Libération
26 juin 2004 · Éric Dahan
Une Antigone méconnue
La parution en 2000 du premier enregistrement mondial de l'Antigona du Napolitain Tommaso Traetta, par Christophe Rousset et ses Talens lyriques, fut une révélation. Moins connu que Scarlatti ou Jommelli, cet élève de Porpora chercha à réformer l'opera seria en lui apportant le meilleur de la tragédie lyrique à la française : dimensions resserrées, dramatisme gluckien, richesse de l'écriture vocale organisée en airs, duos, trios et chceur, Antigona est un bijou. Pour le mettre en scène l'an dernier à Montpellier, Rousset fit appel à Éric Vigner et au tandem de graphistes M/M, connus pour leur travail dans la mode (de Balenciaga à Calvin Klein) et la musique pop (de Madonna et Björk).

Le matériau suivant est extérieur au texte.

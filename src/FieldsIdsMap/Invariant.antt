-- ===== src/FieldsIdsMap/Invariant.antt =====
-- The two maps are inverse, and no id at or above the next one is in use.
use milli.Base.{
  ℕ, ◌^◌, ◌<◌, String, ◌≡◌, refl, Option, none, some, List, [], ◌∷◌, arith, subst, eq_iff, ◌==◌,
  Bool-cases, ==_iff, inl, inr,
}
use milli.Base.Dict
use milli.Base.BTree
use milli.FieldsIdsMap.{
  FieldsIdsMap, Operation, add, del, new, insert, remove, id, name, run, checked_next, add_name,
  insert_at, remove_id,
}

-- `i` was never handed out if it is at or above the next id; all ids are used up at `none`.
abbrev pub Below : ℕ → Option ℕ → Type 0
Below i none = i < 2 ^ 16
Below i (some next) = i < next

abbrev pub NextFits : Option ℕ → Type 0
NextFits none = Unit
NextFits (some next) = next < 2 ^ 16

pub record IsValid (m : FieldsIdsMap) : Type 0 where
  pub name_of_id : (text : String) (i : ℕ) → id text m ≡ some i → name i m ≡ some text
  pub id_of_name : (text : String) (i : ℕ) → name i m ≡ some text → id text m ≡ some i
  pub below : (text : String) (i : ℕ) → name i m ≡ some text → Below i m.next_id
  pub next_fits : NextFits m.next_id
  pub sorted : BTree.IsSorted m.ids_names

pub IsValid-new : IsValid new
unfolding id name Dict.lookup BTree.lookup
IsValid-new = record {
  name_of_id = λ text i h. cc;
  id_of_name = λ text i h. cc;
  below = λ text i h. cc;
  next_fits = omega arith;
  sorted = tt;
}

-- The map after a new name got the id `i`.
abbrev added : String → ℕ → FieldsIdsMap → FieldsIdsMap
added text i m = record {
  names_ids = Dict.insert text i m.names_ids;
  ids_names = BTree.insert i text m.ids_names;
  next_id = checked_next i;
}

Below-checked_next : (i : ℕ) → i < 2 ^ 16 → Below i (checked_next i)
unfolding checked_next
Below-checked_next i h = ground arith

NextFits-checked_next : (i : ℕ) → NextFits (checked_next i)
unfolding checked_next
NextFits-checked_next i = ground arith

Below-checked_next_mono : (i j : ℕ) → j < i → i < 2 ^ 16 → Below j (checked_next i)
unfolding checked_next
Below-checked_next_mono i j h k = ground arith

module _ (m : FieldsIdsMap) (v : IsValid m) (text : String) where
  below_next : (i : ℕ) → m.next_id ≡ some i → (t : String) (j : ℕ) → name j m ≡ some t → j < i
  below_next i next t j h = let b : Below j m.next_id = v.below t j h in rw next at b

  added-IsValid :
      (i : ℕ) → id text m ≡ none → m.next_id ≡ some i → i < 2 ^ 16 → IsValid (added text i m)
  unfolding id name
  added-IsValid i absent next fits = record {
    name_of_id = λ t j h. ground (
      arith,
      Dict.lookup-insert text t i m.names_ids,
      BTree.lookup-insert i j text m.ids_names,
      eq_iff text t,
      v.name_of_id t j,
      below_next i next t j,
    );
    id_of_name = λ t j h. ground (
      arith,
      Dict.lookup-insert text t i m.names_ids,
      BTree.lookup-insert i j text m.ids_names,
      eq_iff text t,
      v.id_of_name t j,
    );
    below = λ t j h. elim (Bool-cases (i == j)) [
      | inl same ↦
          subst (λ k. Below k (checked_next i)) ((==_iff i j).0 same) (Below-checked_next i fits)
      | inr other ↦
          Below-checked_next_mono i j
            (below_next i next t j (ground (arith, BTree.lookup-insert i j text m.ids_names))) fits
    ];
    next_fits = NextFits-checked_next i;
    sorted = BTree.insert-IsSorted i text m.ids_names v.sorted;
  }

  insert-IsValid_next :
      (o : Option ℕ) → m.next_id ≡ o → id text m ≡ none → IsValid (add_name text o m).0
  unfolding add_name
  insert-IsValid_next none next absent = v
  insert-IsValid_next (some i) next absent =
      added-IsValid i absent next (let f : NextFits m.next_id = v.next_fits in rw next at f)

  insert-IsValid_at : (o : Option ℕ) → id text m ≡ o → IsValid (insert_at text o m).0
  unfolding insert_at
  insert-IsValid_at (some i) known = v
  insert-IsValid_at none absent = insert-IsValid_next m.next_id refl absent

  pub insert-IsValid : IsValid (insert text m).0
  unfolding insert id
  insert-IsValid = insert-IsValid_at (Dict.lookup text m.names_ids) refl

  remove-IsValid_at :
      (o : Option ℕ)
      → id text m ≡ o
      → IsValid (remove_id o (record m { names_ids = Dict.remove text m.names_ids })).0
  unfolding remove_id id name
  remove-IsValid_at none absent = record {
    name_of_id = λ t j h. ground (arith, Dict.lookup-remove text t m.names_ids, v.name_of_id t j);
    id_of_name = λ t j h.
        ground (arith, Dict.lookup-remove text t m.names_ids, v.id_of_name t j, eq_iff text t);
    below = v.below;
    next_fits = v.next_fits;
    sorted = v.sorted;
  }
  remove-IsValid_at (some i) known = record {
    name_of_id = λ t j h. ground (
      arith,
      Dict.lookup-remove text t m.names_ids,
      BTree.lookup-remove i j m.ids_names,
      v.name_of_id t j,
      v.name_of_id text i,
      eq_iff text t,
    );
    id_of_name = λ t j h. ground (
      arith,
      Dict.lookup-remove text t m.names_ids,
      BTree.lookup-remove i j m.ids_names,
      v.id_of_name t j,
      eq_iff text t,
    );
    below = λ t j h. v.below t j (ground (arith, BTree.lookup-remove i j m.ids_names));
    next_fits = v.next_fits;
    sorted = BTree.remove-IsSorted i m.ids_names v.sorted;
  }

  pub remove-IsValid : IsValid (remove text m).0
  unfolding remove id
  remove-IsValid = remove-IsValid_at (Dict.lookup text m.names_ids) refl

-- Whatever names are inserted and removed, the two maps stay inverse to each other, every id in use
-- was handed out before, and the ids stand in increasing order.
pub run-IsValid : (m : FieldsIdsMap) (ops : List Operation) → IsValid m → IsValid (run m ops)
unfolding run
run-IsValid m [] v = v
run-IsValid m (add text ∷ ops) v = run-IsValid (insert text m).0 ops (insert-IsValid m v text)
run-IsValid m (del text ∷ ops) v = run-IsValid (remove text m).0 ops (remove-IsValid m v text)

Programmée dans le cadre du Festival des régions du Châtelet, cette production fut dévoilée aux Parisiens mardi.
Autant le dire, la mise en scène statique et géométrique de Vigner et les décors de M/M furent copieusement sifflés. Certes, ce n'est pas la Theodora de Sellars à Glyndebourne, mais des costumes de Paul Quenson aux différentes "sculptures" mobiles des M/M, en passant par les lumières de Marie-Christine Soma, l'ensemble est plastiquement cohérent. Quant à la direction de Rousset, elle est exemplaire de raffinement et d'attention extrême à des chanteurs tous superbes, jusqu'à la soprano romaine Raffaella Milanesi, remplaçant Maria Bayo, avec un engagement et un sens du cantabile sensibles. Fidèle à sa réputation, le choeur les Eléments de Joël Suhubiette est admirable de transparence. Ce qui constitue assez de raisons de faire le déplacement.